Sundance 2017: The Hero, by David Bax

There’s more than a bit of a wink to the casting of Sam Elliott in Brett Haley’s The Hero. The veteran Western actor and prolific TV commercial spokesman plays a veteran Western actor and prolific TV commercial spokesman. Luckily that’s more than a cheap joke as Haley uses Elliott’s Lee Hayden as a way to illustrate that the life of any freelancer, which is essentially what an actor is, consists largely of cycling in and out of other people’s workspaces. Unfortunately, beyond that–and despite a number of good performances, little else of this slice of life dramedy rings true.

Lee is a 71-year-old actor with, by his own admission, only one movie under his belt that he’s actually proud of, a 40-year-old western called The Hero. All but estranged from his wife (Katharine Ross) and his daughter (Krysten Ritter), his only real friend is a former costar turned drug dealer named Jerermy played by Nick Offerman, the movie’s absolute high point whose presence is distinctly missed whenever he’s not on screen.

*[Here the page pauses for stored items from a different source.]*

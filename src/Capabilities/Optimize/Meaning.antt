-- ===== src/Capabilities/Optimize/Meaning.antt =====
-- Optimising a body changes neither its cost nor what it says.
use capa_x.Prelude.{
  ℕ, ◌+◌, ◌%◌, ◌≡◌, refl, ap, ◌∙◌, ◌&&◌, ◌||◌, not, leb, arith, Bool-cases, inl, inr, u32_mod,
}
use capa_x.Features.Regex.{RegexCrates}
use capa_x.Rules.{Node, Statement, NodeList, node}
use capa_x.Engine.FeatureSet.{FeatureSet}
use capa_x.Engine.Meaning.{holds, statement_holds, all_hold, any_holds, count_holding, count_bool}
use capa_x.Capabilities.Optimize.{
  node_cost, statement_cost, sum_costs, insert_by_cost, optimize_node, optimize_statement,
  optimize_children,
}

sum_swap : (a b s : ℕ) → (b + (a + s) % u32_mod) % u32_mod ≡ (a + (b + s) % u32_mod) % u32_mod
sum_swap a b s = omega arith

sum_costs-insert_by_cost :
    (n : Node) (cs : NodeList)
    → sum_costs (insert_by_cost n cs) ≡ (node_cost n + sum_costs cs) % u32_mod
unfolding sum_costs insert_by_cost
sum_costs-insert_by_cost n NodeList.nil = refl
sum_costs-insert_by_cost n (NodeList.cons c cs) =
    elim (Bool-cases (leb (node_cost n) (node_cost c))) [
      | inl e ↦ rw e refl
      | inr e ↦
          rw e (
            rw (sum_costs-insert_by_cost n cs)
              (sum_swap (node_cost n) (node_cost c) (sum_costs cs)))
    ]

mutual
  unfolding node_cost optimize_node

  cost_node : (n : Node) → node_cost (optimize_node n) ≡ node_cost n
  cost_node (node stmt description) = cost_statement stmt

  cost_statement : (s : Statement) → statement_cost (optimize_statement s) ≡ statement_cost s
  cost_statement (Statement.and children) = rw (cost_children children) refl
  cost_statement (Statement.or children) = rw (cost_children children) refl
  cost_statement (Statement.some_of count children) = rw (cost_children children) refl
  cost_statement (Statement.not child) = rw (cost_node child) refl
  cost_statement (Statement.subscope scope body) = rw (cost_node body) refl
  cost_statement (Statement.range feature min max) = refl
  cost_statement (Statement.leaf feature) = refl

  cost_children : (cs : NodeList) → sum_costs (optimize_children cs) ≡ sum_costs cs
  cost_children NodeList.nil = refl
  cost_children (NodeList.cons c cs) =
      sum_costs-insert_by_cost (optimize_node c) (optimize_children cs)
      ∙ rw (cost_node c, cost_children cs) refl

module _ (crates : RegexCrates) (fs : FeatureSet) where
  all-insert :
      (n : Node) (cs : NodeList)
      → all_hold crates fs (insert_by_cost n cs) ≡ (holds crates fs n && all_hold crates fs cs)
  unfolding all_hold insert_by_cost
  all-insert n NodeList.nil = refl
  all-insert n (NodeList.cons c cs) = ground (arith, all-insert n cs)

  any-insert :
      (n : Node) (cs : NodeList)
      → any_holds crates fs (insert_by_cost n cs) ≡ (holds crates fs n || any_holds crates fs cs)
  unfolding any_holds insert_by_cost
  any-insert n NodeList.nil = refl
  any-insert n (NodeList.cons c cs) = ground (arith, any-insert n cs)

  count-insert :
      (n : Node) (cs : NodeList)
      → count_holding crates fs (insert_by_cost n cs)
        ≡ count_bool (holds crates fs n) + count_holding crates fs cs
  unfolding count_holding insert_by_cost
  count-insert n NodeList.nil = refl
  count-insert n (NodeList.cons c cs) = elim (Bool-cases (leb (node_cost n) (node_cost c))) [
    | inl e ↦ rw e refl
    | inr e ↦ rw e (omega (arith, count-insert n cs))
  ]

  mutual
    unfolding holds optimize_node

    node_kept : (n : Node) → holds crates fs (optimize_node n) ≡ holds crates fs n
    node_kept (node stmt description) = statement_kept stmt

    statement_kept :
        (s : Statement)
        → statement_holds crates fs (optimize_statement s) ≡ statement_holds crates fs s
    statement_kept (Statement.and children) = all_kept children
    statement_kept (Statement.or children) = any_kept children
    statement_kept (Statement.some_of count children) = ap (leb count) (count_kept children)
    statement_kept (Statement.not child) = ap not (node_kept child)
    statement_kept (Statement.subscope scope body) = refl
    statement_kept (Statement.range feature min max) = refl
    statement_kept (Statement.leaf feature) = refl

    all_kept : (cs : NodeList) → all_hold crates fs (optimize_children cs) ≡ all_hold crates fs cs
    all_kept NodeList.nil = refl
    all_kept (NodeList.cons c cs) =
        all-insert (optimize_node c) (optimize_children cs) ∙ rw (node_kept c, all_kept cs) refl

    any_kept : (cs : NodeList) → any_holds crates fs (optimize_children cs) ≡ any_holds crates fs cs
    any_kept NodeList.nil = refl
    any_kept (NodeList.cons c cs) =
        any-insert (optimize_node c) (optimize_children cs) ∙ rw (node_kept c, any_kept cs) refl

    count_kept :
        (cs : NodeList)
        → count_holding crates fs (optimize_children cs) ≡ count_holding crates fs cs
    count_kept NodeList.nil = refl
    count_kept (NodeList.cons c cs) =
        count-insert (optimize_node c) (optimize_children cs) ∙ rw (node_kept c, count_kept cs) refl

-- Optimising a body keeps what it says of every feature set, and its cost.
pub holds-optimize_node :
    (crates : RegexCrates) (fs : FeatureSet) (n : Node)
    → (holds crates fs (optimize_node n) ≡ holds crates fs n)
      × (node_cost (optimize_node n) ≡ node_cost n)
holds-optimize_node crates fs n = (node_kept crates fs n, cost_node n)
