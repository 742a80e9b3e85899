-- ===== src/Parallel.antt =====
-- capa-x/src/parallel.rs: a map over work items on scoped threads. A schedule says which worker
-- takes its next atomic step, and whether a relaxed load of the stop flag sees a store of it.
pub mod Claims
pub mod Outcomes
pub mod Collected
pub mod Joined
pub mod Serial
pub mod Ends
pub mod Bounds
use capa_x.Prelude.{
  ℕ, zero, suc, min, Bool, true, false, ◌&&◌, ◌||◌, Option, none, some, List, [], ◌∷◌, ◌++◌, map,
  ltb, leb, ◌==◌, if◌then◌else◌, length, get_elem?,
}
use capa_x.Prelude.Result.{Result, ok, err, collect}
use capa_x.Prelude.Sort.{sort}

-- a positive number of threads
pub record Jobs : Type 0 where
  pub count : ℕ

pub data ZeroJobs : Type 0 where
  zero_jobs : ZeroJobs

abbrev pub serial_jobs : Jobs
serial_jobs = record { count = 1 }

unfoldable pub new_jobs : ℕ → Result ZeroJobs Jobs
new_jobs count = if count == 0 then err zero_jobs else ok (record { count = count })

abbrev pub is_serial : Jobs → Bool
is_serial jobs = jobs.count == 1

-- where a worker stands in its loop
pub data Pc (T E : Type 0) : Type 0 where
  checking claiming : Pc T E
  calling : ℕ → T → Pc T E
  storing : ℕ → E → Pc T E
  finished : Pc T E

-- where it stands, what it has produced, and its error
pub data Worker (T R E : Type 0) : Type 0 where
  worker : Pc T E → List (ℕ × R) → Option (ℕ × E) → Worker T R E

-- the two atomics: the cursor and the stop flag
abbrev pub Shared : Type 0
Shared = ℕ × Bool

module _ {E : Type 0} where
  -- the error with the lower index, the earlier one of two
  abbrev pub replace : Option (ℕ × E) → Option (ℕ × E) → Option (ℕ × E)
  replace first none = first
  replace none (some later) = some later
  replace (some earlier) (some later) = if ltb later.0 earlier.0 then some later else some earlier

module _ {R : Type 0} where
  abbrev pub by_key : ℕ × R → ℕ × R → Bool
  by_key a b = leb a.0 b.0

module _ {R E : Type 0} where
  abbrev pub conclude : List (ℕ × R) × Option (ℕ × E) → Result E (List R)
  conclude (produced, none) = ok (map (λ p. p.1) (sort by_key produced))
  conclude (produced, some (i, e)) = err e

module _ {T R E : Type 0} where
  abbrev pub produced_of : Worker T R E → List (ℕ × R)
  produced_of (worker pc produced error) = produced

  abbrev pub error_of : Worker T R E → Option (ℕ × E)
  error_of (worker pc produced error) = error

  abbrev pub is_finished : Worker T R E → Bool
  is_finished (worker finished produced error) = true
  is_finished _ = false

  abbrev pub all_finished : List (Worker T R E) → Bool
  all_finished [] = true
  all_finished (w ∷ ws) = is_finished w && all_finished ws

  abbrev pub fresh : Worker T R E
  fresh = worker checking [] none

  abbrev pub spawn : ℕ → List (Worker T R E)
  spawn zero = []
  spawn (suc n) = fresh ∷ spawn n

  -- what a call of `f` makes of the worker
  abbrev pub after_call : ℕ → List (ℕ × R) → Option (ℕ × E) → Result E R → Worker T R E
  after_call i produced error (ok value) = worker checking (produced ++ (i, value) ∷ []) error
  after_call i produced error (err e) = worker (storing i e) produced error

  abbrev pub after_claim : ℕ → List (ℕ × R) → Option (ℕ × E) → Option T → Worker T R E
  after_claim i produced error none = worker finished produced error
  after_claim i produced error (some item) = worker (calling i item) produced error

  -- the loop over the joined workers
  unfoldable pub join :
      List (Worker T R E) → List (ℕ × R) → Option (ℕ × E) → List (ℕ × R) × Option (ℕ × E)
  join [] produced first_error = (produced, first_error)
  join (w ∷ ws) produced first_error =
      join ws (produced ++ produced_of w) (replace first_error (error_of w))

  unfoldable pub outcome : List (Worker T R E) → Result E (List R)
  unfolding join
  outcome ws = conclude (join ws [] none)

-- the serial loop's result at once, or the workers' when they have ended
abbrev pub answer {ℓ} : {A : Type ℓ} → Bool → Bool → A → A → Option A
answer true ended serial joined = some serial
answer false true serial joined = some joined
answer false false serial joined = none

module _ {T R E : Type 0} (f : T → Result E R) (items : List T) where
  -- One atomic step of a worker; `seen` is whether a load of the flag sees its store.
  unfoldable pub turn : Bool → Shared → Worker T R E → Shared × Worker T R E
  turn seen (cursor, failed) (worker checking produced error) =
      ((cursor, failed), worker (if seen && failed then finished else claiming) produced error)
  turn seen (cursor, failed) (worker claiming produced error) =
      ((suc cursor, failed), after_claim cursor produced error (get_elem? items cursor))
  turn seen shared (worker (calling i item) produced error) =
      (shared, after_call i produced error (f item))
  turn seen (cursor, failed) (worker (storing i e) produced error) =
      ((cursor, true), worker finished produced (some (i, e)))
  turn seen shared (worker finished produced error) = (shared, worker finished produced error)

  -- the worker at a position takes a step
  unfoldable pub turn_at : ℕ → Bool → Shared → List (Worker T R E) → Shared × List (Worker T R E)
  unfolding turn
  turn_at k seen shared [] = (shared, [])
  turn_at zero seen shared (w ∷ ws) = let r = turn seen shared w in (r.0, r.1 ∷ ws)
  turn_at (suc k) seen shared (w ∷ ws) = let r = turn_at k seen shared ws in (r.0, w ∷ r.1)

  abbrev pub Pool : Type 0
  Pool = Shared × List (Worker T R E)

  unfoldable pub run : List (ℕ × Bool) → Pool → Pool
  unfolding turn_at
  run [] pool = pool
  run ((k, seen) ∷ schedule) pool = run schedule (turn_at k seen pool.0 pool.1)

  abbrev pub start : Jobs → Pool
  start jobs = ((0, false), spawn (min jobs.count (length items)))

  -- `try_map` under a schedule; `none` when the schedule ends before the workers do
  unfoldable pub try_map : Jobs → List (ℕ × Bool) → Option (Result E (List R))
  unfolding run outcome
  try_map jobs schedule =
      let pool = run schedule (start jobs) in
      answer (is_serial jobs || ltb (length items) 2) (all_finished pool.1) (collect f items)
        (outcome pool.1)
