-- ===== src/Capabilities/StaticAnalysis.antt =====
-- capa-x/src/capabilities/static_analysis.rs: the scopes from instruction to file.
pub mod Serial
pub mod Hits
pub mod Published
pub mod Visible
use capa_x.Prelude.{ℕ, Bool, Option, none, some, List, [], ◌∷◌, ◌++◌, length}
use capa_x.Prelude.Result.{Result, ok, err, ◌>>=◌}
use capa_x.Address.{Address}
use capa_x.Features.{Feature}
use capa_x.Scope.{Scope}
use capa_x.Engine.FeatureSet.{FeatureSet, merge_owned}
use capa_x.Engine.MatchResult.{EngineError}
use capa_x.Freeze.{
  Located, InstructionFeatures, BasicBlockFeatures, FunctionFeatures, StaticFeatures,
}
use capa_x.Parallel.{Jobs, try_map}
use capa_x.Capabilities.Matching.{MatchResults}
use capa_x.Capabilities.Matcher.{Matcher}
use capa_x.Capabilities.Driver.{
  seed, extend_matches, promote_matches, index_matches, find_file_capabilities,
}

pub data CapabilityError : Type 0 where
  in_function : Address → EngineError → CapabilityError
  in_file : EngineError → CapabilityError

pub record StaticCapabilities : Type 0 where
  pub matches : MatchResults
  pub file_feature_count : ℕ
  pub function_feature_counts : List (Address × ℕ)

-- of one function: its matches, those of its basic blocks and of its instructions, and the number
-- of its features
pub record CodeCapabilities : Type 0 where
  pub function_matches : MatchResults
  pub bb_matches : MatchResults
  pub insn_matches : MatchResults
  pub feature_count : ℕ

-- what the loop over the functions has gathered
pub record Gathered : Type 0 where
  pub function_matches : MatchResults
  pub bb_matches : MatchResults
  pub insn_matches : MatchResults
  pub function_feature_counts : List (Address × ℕ)

-- `map_err`
abbrev pub map_err : {A E F : Type 0} → (E → F) → Result E A → Result F A
map_err f (ok a) = ok a
map_err f (err e) = err (f e)

abbrev pub gather : Gathered → List (Address × FunctionFeatures) → List CodeCapabilities → Gathered
gather g ((addr, func) ∷ functions) (c ∷ per_function) =
    gather
      (record {
        function_matches = extend_matches g.function_matches c.function_matches;
        bb_matches = extend_matches g.bb_matches c.bb_matches;
        insn_matches = extend_matches g.insn_matches c.insn_matches;
        function_feature_counts = g.function_feature_counts ++ (addr, c.feature_count) ∷ [];
      })
      functions per_function
gather g _ _ = g

abbrev pub nothing_gathered : Gathered
nothing_gathered = record {
  function_matches = [];
  bb_matches = [];
  insn_matches = [];
  function_feature_counts = [];
}

module _ (rule_set : Matcher) (global_features : List Feature) where
  unfoldable pub find_instruction_capabilities :
      Address → Located → Result EngineError (FeatureSet × MatchResults)
  find_instruction_capabilities insn_addr insn_features = do
    let features = seed [] insn_features global_features
    matches ← rule_set.match_scope_results Scope.instruction features insn_addr
    ok (promote_matches rule_set features matches, matches)

  unfoldable pub instructions_loop :
      List (Address × InstructionFeatures)
      → FeatureSet
      → MatchResults
      → Result EngineError (FeatureSet × MatchResults)
  unfolding find_instruction_capabilities
  instructions_loop [] features insn_matches = ok (features, insn_matches)
  instructions_loop ((addr, insn) ∷ instructions) features insn_matches =
      find_instruction_capabilities addr insn.features >>= λ r.
      instructions_loop instructions (merge_owned features r.0) (extend_matches insn_matches r.1)

  unfoldable pub find_basic_block_capabilities :
      Address → BasicBlockFeatures → Result EngineError (FeatureSet × (MatchResults × MatchResults))
  unfolding instructions_loop
  find_basic_block_capabilities bb_addr bb = do
    r ← instructions_loop bb.instructions [] []
    let features = seed r.0 bb.features global_features
    bb_matches ← rule_set.match_scope_results Scope.basic_block features bb_addr
    ok (promote_matches rule_set features bb_matches, (bb_matches, r.1))

  unfoldable pub blocks_loop :
      List (Address × BasicBlockFeatures)
      → FeatureSet
      → MatchResults
      → MatchResults
      → Result EngineError (FeatureSet × (MatchResults × MatchResults))
  unfolding find_basic_block_capabilities
  blocks_loop [] features bb_matches insn_matches = ok (features, (bb_matches, insn_matches))
  blocks_loop ((addr, bb) ∷ blocks) features bb_matches insn_matches =
      find_basic_block_capabilities addr bb >>= λ r.
      blocks_loop blocks (merge_owned features r.0) (extend_matches bb_matches r.1.0)
        (extend_matches insn_matches r.1.1)

  -- a match of a function is not promoted into its own features
  unfoldable pub find_code_capabilities :
      Address → FunctionFeatures → Result EngineError CodeCapabilities
  unfolding blocks_loop
  find_code_capabilities fn_addr func = do
    r ← blocks_loop func.basic_blocks [] [] []
    let function_features = seed r.0 func.features global_features
    function_matches ← rule_set.match_scope_results Scope.function function_features fn_addr
    ok (record {
      function_matches = function_matches;
      bb_matches = r.1.0;
      insn_matches = r.1.1;
      feature_count = length function_features;
    })

  -- the work of one thread
  abbrev pub code_of : Address × FunctionFeatures → Result CapabilityError CodeCapabilities
  code_of (addr, func) = map_err (in_function addr) (find_code_capabilities addr func)

module _ (rule_set : Matcher) where
  -- `function_and_lower_features`
  abbrev pub function_and_lower : Gathered → FeatureSet
  function_and_lower g =
      index_matches rule_set
        (index_matches rule_set (index_matches rule_set [] g.insn_matches) g.bb_matches)
        g.function_matches

abbrev pub with_file : Gathered → MatchResults × ℕ → StaticCapabilities
with_file g found = record {
  matches =
      extend_matches
        (extend_matches (extend_matches (extend_matches [] g.insn_matches) g.bb_matches)
          g.function_matches)
        found.0;
  file_feature_count = found.1;
  function_feature_counts = g.function_feature_counts;
}

module _ (rule_set : Matcher) (freeze : StaticFeatures) where
  -- what follows the join of the workers
  unfoldable pub conclude_static :
      Result CapabilityError (List CodeCapabilities) → Result CapabilityError StaticCapabilities
  unfolding find_file_capabilities
  conclude_static per_function = do
    code ← per_function
    let g = gather nothing_gathered freeze.functions code
    found ← map_err in_file (
        find_file_capabilities rule_set freeze.file_features freeze.global_features
          (function_and_lower rule_set g))
    ok (with_file g found)

  -- under a schedule of the workers; `none` when it ends before they do
  unfoldable pub find_static_capabilities :
      Jobs → List (ℕ × Bool) → Option (Result CapabilityError StaticCapabilities)
  unfolding try_map
  find_static_capabilities jobs schedule =
      elim (try_map (code_of rule_set freeze.global_features) freeze.functions jobs schedule) [
        | none ↦ none
        | some per_function ↦ some (conclude_static per_function)
      ]
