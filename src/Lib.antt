-- ===== src/Lib.antt =====
-- A model of the file cache of the Andromeda desktop clients, of its locks, of the requests that move
-- the bytes of files, of folders and their items, and of the saving of database objects, with proofs.
--
-- The clients show the files of an Andromeda server as a local file system. A file is kept in memory
-- as pages of a fixed size. src/lib/andromeda/filesystem/filedata holds that cache:
--   PageManager.cpp reads, writes and truncates the pages of one file and decides what to read ahead
--     and in which runs to write back; PageBackend.cpp sends the requests to the server;
--   CacheManager.cpp keeps the pages of all files in the order of their use within a memory limit. A
--     PageManager informs it of each page; it answers by eviction and flushing, at once or by two
--     threads, and calls back EvictPage and FlushPage of the managers;
--   src/lib/andromeda/OrderedMap.hpp is the list with a hash table that both queues of the
--     CacheManager are made of;
--   src/lib/andromeda/filesystem/File.cpp splits reads and writes of any range of a file into reads
--     and writes of its pages;
--   src/lib/andromeda/filesystem/Folder.cpp keeps the items of a folder by name, follows the lists of
--     the server, and creates, deletes, renames and moves items;
--   src/lib/andromeda/SharedMutex.hpp is the lock that readers and writers of a file queue for;
--   src/lib/andromeda/backend has the requests. BackendImpl.cpp reads and sends the bytes of files,
--     in parts as large as the server takes them; HTTPRunner.cpp carries a request out, tries it
--     again where it may pass, and follows redirects;
--   src/lib/andromeda/StringUtil.cpp cuts and joins text, for URLs, paths and the command line;
--   src/lib/andromeda/database keeps objects in a local database: the fields of an object count
--     their changes, and saving it writes the changed ones into its row.
--
-- Files:
--   Common, Common/*: the shared names, the Boolean tests and lists over the native numbers, and
--     Common/Words the arithmetic of uint64_t and size_t, which wraps around.
--   OrderedMap: OrderedMapAnyEntry of OrderedMap.hpp. OrderedMap/Store has the std::list as nodes
--     with addresses and the std::unordered_map from keys to addresses, so that an iterator that
--     dangles is a value of the model. Impl is the pair of static functions that OrderedMap and
--     HashedQueue give. OrderedMap/Invariant has the relation of list and table over the maps that
--     the operations reach; OrderedMap/Spec reads the map as a plain list of entries, and
--     OrderedMap/Laws has the laws of lookup.
--   CacheManager: the members of the class, EnqueuePage, RemovePage, RemoveDirty and ResizePage on
--     them, with the totals as wrapping numbers. CacheManager/Sizes, Counted, Tracking, Resize and
--     Dirty are about the totals. CacheManager/Handle has HandleMemory, HandleDirtyMemory and
--     InformPage with their synchronous loops and their waits, and Ends, SyncEvict, SyncFlush, Inform,
--     Answers and Keeps its theorems. CacheManager/Evictions has DoPageEvictions.
--   PageManager: the state of one file and its read-ahead: isFetchPending, RemovePendingFetch,
--     GetFetchSize, StartFetch, DoAdvanceRead, the callback and the handler of FetchPages.
--     PageManager/Pages has Page and the std::map of pages, PageManager/Flush the writing back with
--     the requests of PageBackend, PageManager/Write GetPageWrite and WritePage, PageManager/Truncate
--     and PageManager/Remote Truncate and RemoteChanged; PageManager/Fetch, Received, Failed,
--     Written, Flush/Runs, Flush/Shape, Flush/Clean, Flush/Sends, Flush/Requests and Flush/All the
--     theorems.
--   File: ReadBytes, WriteBytes, FixPageAlignment, FillWriteHole and Truncate of File.cpp over the
--     operations of pages that it calls. File/Bytes has the bytes of a file as a function of the
--     position, File/Laws what the pages promise; Reads, Writes, Holes, WriteBytes and Alignment the
--     theorems.
--   PageBackend: FetchPages of PageBackend.cpp, which cuts a stream into pages. PageBackend/Pieces,
--     Cutting and Fetching are about one round, one piece and all pieces.
--   SharedMutex: the lock as steps of threads. SharedMutex/Exclusion, Queued and Progress are
--     about who has it, the queue and its waiters; Common/Waiters has that queue.
--   Semaphor: the counting lock of src/lib/andromeda/Semaphor.hpp as steps of threads;
--     Semaphor/Holders, Queued and Progress are about who holds it and who waits.
--   Database: the values of fields and int. Database/NullScalar, Scalar and Counter are the kinds of
--     fields in fieldtypes, Database/Objects is Save of BaseObject.cpp with SaveObject,
--     UpdateObject_Query and InsertObject_Query of ObjectDatabase.cpp; Queries reads the queries, and
--     Saves, Inserts and Edits are the theorems.
--   Backend: Backend/Uploads is SendFile of BackendImpl.cpp with FromString of RunnerInput.cpp;
--     Backend/Streams, Requests, Rounds and Sending are about one stream, the requests, one round and
--     all of them, and Backend/Defects about where it goes wrong. Backend/HttpRunner has ParseURL,
--     DoRequestsAuto, DoRequestsCustom, HandleResponse and RegisterRedirect of HTTPRunner.cpp, and
--     Backend/Attempts and Retries how they end. Backend/Downloads has ReadFile of BackendImpl.cpp and
--     RunAction_StreamOut below it, and Backend/Fetches puts FetchPages of PageBackend on top of them.
--   StringUtil: what StringUtil.cpp does with text, on lists of bytes, and implode of StringUtil.hpp.
--     StringUtil/Explode is about explode, StringUtil/Escape about escapeAll.
--   Folder: SyncContents, LoadItems, CreateFile, CreateFolder, DeleteItem and RenameItem of
--     Folder.cpp, with what PlainFolder.cpp and File.cpp do for them; Folder/Names has the names,
--     ValidateName of Item.cpp and maps by name, Folder/Moves MoveItem, Folder/Locking LockItems.
--     Folder/Syncing, Loading, Renaming and Moving are the theorems.
--   Each Tests: tests, and the theorems at concrete states.
--
-- Parameters:
--   The managers that CacheManager calls are a record of functions (PageManagers of
--   CacheManager/Handle): what EvictPage and FlushPage return or throw, and whether a lock is had. A
--   manager that returns from EvictPage has called RemovePage, one that returns from FlushPage has
--   called RemoveDirty. What other threads do while a caller waits is a list of the states
--   that it wakes up to. Which requests a server refuses is a function of the state and the request
--   (Refuses of PageManager/Flush); a refused request throws. What PageBackend::FetchPages
--   gives for the page of a partial write is a function of its index (Fetch of PageManager/Write).
--   The pages that File works on are a record of operations (Pages of File), whose laws (File/Laws)
--   are what ReadPage, WritePage and Truncate of PageManager do with the bytes of a file. The pieces
--   that a read of the server brings are a list of offsets and bytes. How many rows a query
--   changes is a function of the query (Database/Objects). The HTTP library: what each attempt of a
--   request gives is a function of its number, and the parts of a body are a list. It reads a stream
--   at offsets that grow by what it was given, until the stream ends. For SendFile the server is a
--   function of the round and the request; its answer says how often the runner has tried before.
--   For Folder the server is a record (Server): which requests it refuses, its lists, its answers as
--   JSON, what the constructors of items and Refresh make of them, and FlushCache of a file. Which
--   items other threads have locked after a wait of LockItems is a function (Wait).
--   Database/Queries reads the queries: what SQL says that they do to a row.
--
-- Fuel: the synchronous loops of CacheManager run on the length of the queue, which each round
--   shortens; FlushPages collects runs on one round more than there are pages, and each round takes
--   at least one page off. The loops of File and of FetchPages run on the number of bytes, of which
--   each round takes at least one; WriteBytes calls itself for a hole, never deeper than once. A
--   stream of SendFile is read once more than there are bytes, and SendFile has at most twice as many
--   rounds as bytes and two; a request has one attempt more than the retries that are allowed;
--   explode and replaceAll run on the length of the text, of which each round takes at least one
--   byte. LockItems has at most one wait for each item that is locked when it starts.
--
-- Numbers: totals and limits of CacheManager wrap at 2^64. Offsets, sizes and indices of PageManager
--   are unbounded, since no file reaches 2^64 bytes; where the source tests for an overflow or a
--   difference may fall below 0, the sum or the difference wraps. An int of a field is a word of 32
--   bits in two's complement; a sum that overflows, which C++ leaves open, wraps around.
--
-- Not modelled: debug output and the assertions of debug builds; mutexes and threads of the cache,
--   except as sequences of calls and of states at wake-up; DoPageFlushes, the loops of the two
--   threads and GetPageManagerLock of CacheManager.cpp; the calls of CacheManager by PageManager, that
--   is a PageManager stands for a file whose cache manager is disabled; GetPageRead with its wait.
--   Of the database, loading, deleting and SaveObjects, references between objects and JSON fields. Of BackendImpl, the requests without a stream, its answers as JSON, and the
--   modes read-only and memory; of HTTPRunner, the parameters and headers of a request and the times
--   between attempts. Of folders, the locks of items but for LockItems, GetItemByPath, the kinds of
--   folders other than PlainFolder, the memory mode, and a Refresh that throws half way. The other
--   parts of the repository (options, user interfaces) are not modelled.
pub mod Common
pub mod OrderedMap
pub mod CacheManager
pub mod PageManager
pub mod File
pub mod PageBackend
pub mod SharedMutex
pub mod Database
pub mod Semaphor
pub mod Backend
pub mod StringUtil
pub mod Folder
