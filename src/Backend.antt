-- ===== src/Backend.antt =====
-- src/lib/andromeda/backend: the requests to the server that send and read the bytes of files.
pub mod Uploads
pub mod Streams
pub mod Requests
pub mod Rounds
pub mod Sending
pub mod Defects
pub mod HttpRunner
pub mod Attempts
pub mod Retries
pub mod Downloads
pub mod Fetches
mod Tests
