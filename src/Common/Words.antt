-- ===== src/Common/Words.antt =====
-- 64-bit unsigned arithmetic (uint64_t, and size_t on the supported targets): it wraps around.
use Prim.Native.Nat.{ℕ, ◌+◌, ◌-◌, ◌*◌, ◌%◌, ◌^◌, ◌≤◌, ◌<◌}
use mathlib.Core.Path.{◌≡◌}
use native.Mathlib.Omega.{arith}

abbrev pub word : ℕ
word = 2 ^ 64

unfoldable pub add64 : ℕ → ℕ → ℕ
add64 a b = (a + b) % word

-- The subtrahend is reduced first, so that the sum never falls below 0.
unfoldable pub sub64 : ℕ → ℕ → ℕ
sub64 a b = (a + (word - b % word)) % word

unfoldable pub mul64 : ℕ → ℕ → ℕ
mul64 a b = a * b % word

pub add64-mod : (s n : ℕ) → add64 (s % word) n ≡ (s + n) % word
unfolding add64
add64-mod s n = omega arith

pub sub64-mod : (s n : ℕ) → sub64 ((s + n) % word) n ≡ s % word
unfolding sub64
sub64-mod s n = omega arith

pub add64_small : (a b : ℕ) → a + b < word → add64 a b ≡ a + b
unfolding add64
add64_small a b h = omega arith

pub sub64_small : (a b : ℕ) → b ≤ a → a < word → sub64 a b ≡ a - b
unfolding sub64
sub64_small a b h k = omega arith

Shortly after being diagnosed with pancreatic cancer, though, Lee starts a relationship with one of Jeremy’s other clients, a stand-up comedian named Charlotte (Laura Prepon).

If the age difference between Elliott and Prepon sounds a little skeevy to you, well, you’re right. But to Haley’s credit (along with co-screenwriter Marc Basch), The Hero makes note of the weirdness repeatedly and discusses it at length. For whatever that’s worth.

The Hero‘s best bits come when it leaves realism behind. When Lee accepts a lifetime achievement award while rolling on Molly, the stage lights become a floating set of flares and haloes, exaggerating the old Hollywood idea of a glamour shot. Haley also stages a series of dream sequences that blend Lee’s current problems with memories of his greatest role. These strokes of impressionism and beauty remind us why Lee is in this line of work in the first place. After all, as he says to Jeremy, “Movies are other people’s dreams.”

If only those scenes were the thrust of the movie. A large chunk of the second half is an embarrassing attempt to connect Lee to the modern day YouTube and TMZ nature of the industry. The aforementioned award acceptance speech becomes a popular YouTube video, a fact we learn when Prepon shouts, “Oh my God, it went viral, dude!” We as a culture already suffered through The Comedian. Can’t we get a break? Only slightly less humiliating is the scene in which we see Charlotte on stage. Haley starts the scene by including real stand-ups (the very funny Ali Wong and Cameron Esposito as themselves), which only makes Prepon’s approximation of comedian patois all the more jarring. If a character in your movie is supposed to be a comic, cast a comic. That’s the hard part. The falseness of so many elements becomes impossible for the rest of the movie to overcome.